-- ===== src/Orders/Delivered.antt =====
-- An order can be brought to its end.
use restaurant_pos.Base.{
  ℕ, ◌+◌, ◌≡◌, refl, inl, inr, ◌∙◌, Bool, true, none, some, some_of, arith, eq_refl, ◌==◌,
}
use restaurant_pos.Base.Table.{get, get-put_self}
use restaurant_pos.Base.Result.{ok, Result-cases}
use restaurant_pos.Store.{Store}
use restaurant_pos.Auth.Policy.{User, can, transition_order_status}
use restaurant_pos.Inventory.Types.{manual}
use restaurant_pos.Orders.Types.{Order, OrderStatus, pending, in_preparation, completed, delivered}
use restaurant_pos.Orders.Update.{update_order, load_order, branch_matches, bumped}
use restaurant_pos.Kds.Board.{sync_order_into_kds}
use restaurant_pos.Orders.Deduct.{deduction_trigger}
use restaurant_pos.Orders.Transition.{
  transition_order, move_status, check_stock, take_stock, role_status_flow, front_of_house,
}

module _ (link : Bool) (user : User) (id : ℕ) where
  -- The user may move the stored order from one status to the next, and no stock is drawn on.
  pub record Ready (s : Store) (version : ℕ) (from next : OrderStatus) : Type 0 where
    pub order : Order
    pub found : get s.orders id ≡ some order
    pub at_version : order.version ≡ version
    pub status : order.status ≡ from
    pub matches : branch_matches user order.branch ≡ true
    pub no_trigger : deduction_trigger s.stock.trigger_policy next ≡ none

  -- What a transition leaves when it goes through.
  pub record Moved (s : Store) (version now : ℕ) (from next : OrderStatus)
      (r : Ready s version from next) : Type 0 where
    pub order : Order
    pub returned : (transition_order link user id version next now s).0 ≡ ok order
    pub stored : get (transition_order link user id version next now s).1.orders id ≡ some order
    pub status : order.status ≡ next
    pub next_version : order.version ≡ version + 1
    pub branch : order.branch ≡ r.order.branch
    pub policy :
        (transition_order link user id version next now s).1.stock.trigger_policy
        ≡ s.stock.trigger_policy

  step :
      (s : Store) (version now : ℕ) (from next : OrderStatus)
      → can user transition_order_status ≡ true
      → some_of (λ r. role_status_flow r from next) user.roles ≡ true
      → (r : Ready s version from next) → Moved s version now from next r
  unfolding transition_order update_order load_order move_status check_stock take_stock
      sync_order_into_kds
  step s version now from next may flow r =
      let flows : some_of (λ z. role_status_flow z r.order.status next) user.roles ≡ true =
        rw r.status flow in
      let same : (r.order.version == version) ≡ true = rw r.at_version (eq_refl version) in
      elim (Result-cases (move_status user next now r.order)) [
        | inr (z, e) ↦ absurd (ground (arith, r.matches, flows))
        | inl (d, e) ↦
            let kept = get-put_self s.orders id (bumped r.order.version now d) in
            record {
              order = bumped r.order.version now d;
              returned = ground (arith, r.found, r.no_trigger);
              stored = ground (arith, r.found, r.no_trigger, kept);
              status = ground (arith, r.matches, flows);
              next_version = ground (arith, r.at_version);
              branch = ground (arith, r.matches, flows);
              policy = ground (arith, r.found, r.no_trigger);
            }
      ]

  -- The store after the steps of an order that is served from its first version
  unfoldable pub started : Store → ℕ → ℕ → Store
  unfolding transition_order
  started s version now = (transition_order link user id version in_preparation now s).1

  unfoldable pub finished : Store → ℕ → ℕ → Store
  unfolding started transition_order
  finished s version now =
      (transition_order link user id (version + 1) completed now (started s version now)).1

  no_trigger : (next : OrderStatus) → deduction_trigger manual next ≡ none
  unfolding deduction_trigger
  no_trigger next = refl

  -- A pending order of the user's branch can always be served: where stock is deducted by hand, a
  -- user who may change statuses and one of whose roles serves guests takes the order through
  -- preparation and completion to delivery in three calls, each of which goes through.
  pub delivered_in_three :
      (s : Store) (o : Order) (now : ℕ)
      → can user transition_order_status ≡ true
      → ((x y : OrderStatus)
          → front_of_house x y ≡ true
          → some_of (λ r. role_status_flow r x y) user.roles ≡ true)
      → get s.orders id ≡ some o
      → o.status ≡ pending
      → branch_matches user o.branch ≡ true
      → s.stock.trigger_policy ≡ manual
      → (y : Order) × ((transition_order link user id
            (o.version + 2)
            delivered
            now
            (finished s o.version now)).0
          ≡ ok y)
        × (y.status ≡ delivered)
        × (y.version ≡ o.version + 3)
  unfolding started finished
  delivered_in_three s o now may flow found at matches policy =
      let r1 : Ready s o.version pending in_preparation = record {
        order = o;
        found = found;
        at_version = refl;
        status = at;
        matches = matches;
        no_trigger = rw policy (no_trigger in_preparation);
      } in
      let m1 =
        step s o.version now pending in_preparation may (flow pending in_preparation refl) r1 in
      let r2 : Ready (started s o.version now) (o.version + 1) in_preparation completed = record {
        order = m1.order;
        found = m1.stored;
        at_version = m1.next_version;
        status = m1.status;
        matches = rw m1.branch matches;
        no_trigger = rw (m1.policy ∙ policy) (no_trigger completed);
      } in
      let m2 =
        step (started s o.version now) (o.version + 1) now in_preparation completed may
          (flow in_preparation completed refl) r2 in
      let r3 : Ready (finished s o.version now) (o.version + 2) completed delivered = record {
        order = m2.order;
        found = m2.stored;
        at_version = omega (arith, m2.next_version);
        status = m2.status;
        matches = rw (m2.branch, m1.branch) matches;
        no_trigger = rw (m2.policy ∙ (m1.policy ∙ policy)) (no_trigger delivered);
      } in
      let m3 =
        step (finished s o.version now) (o.version + 2) now completed delivered may
          (flow completed delivered refl) r3 in
      (m3.order, m3.returned, m3.status, omega (arith, m3.next_version))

......

▶ **To do**: Nothing but the lines from the top of the records down to the line with "pub matches : branch_matches" belongs in the answer; repeat them exactly.

▶ **Response**:
-- ===== src/Orders/Delivered.antt =====
-- An order can be brought to its end.
use restaurant_pos.Base.{
  ℕ, ◌+◌, ◌≡◌, refl, inl, inr, ◌∙◌, Bool, true, none, some, some_of, arith, eq_refl, ◌==◌,
}
use restaurant_pos.Base.Table.{get, get-put_self}
use restaurant_pos.Base.Result.{ok, Result-cases}
use restaurant_pos.Store.{Store}
use restaurant_pos.Auth.Policy.{User, can, transition_order_status}
use restaurant_pos.Inventory.Types.{manual}
use restaurant_pos.Orders.Types.{Order, OrderStatus, pending, in_preparation, completed, delivered}
use restaurant_pos.Orders.Update.{update_order, load_order, branch_matches, bumped}
use restaurant_pos.Kds.Board.{sync_order_into_kds}
use restaurant_pos.Orders.Deduct.{deduction_trigger}
use restaurant_pos.Orders.Transition.{
  transition_order, move_status, check_stock, take_stock, role_status_flow, front_of_house,
}

module _ (link : Bool) (user : User) (id : ℕ) where
  -- The user may move the stored order from one status to the next, and no stock is drawn on.
  pub record Ready (s : Store) (version : ℕ) (from next : OrderStatus) : Type 0 where
    pub order : Order
    pub found : get s.orders id ≡ some order
    pub at_version : order.version ≡ version
    pub status : order.status ≡ from
    pub matches : branch_matches user order.branch ≡ true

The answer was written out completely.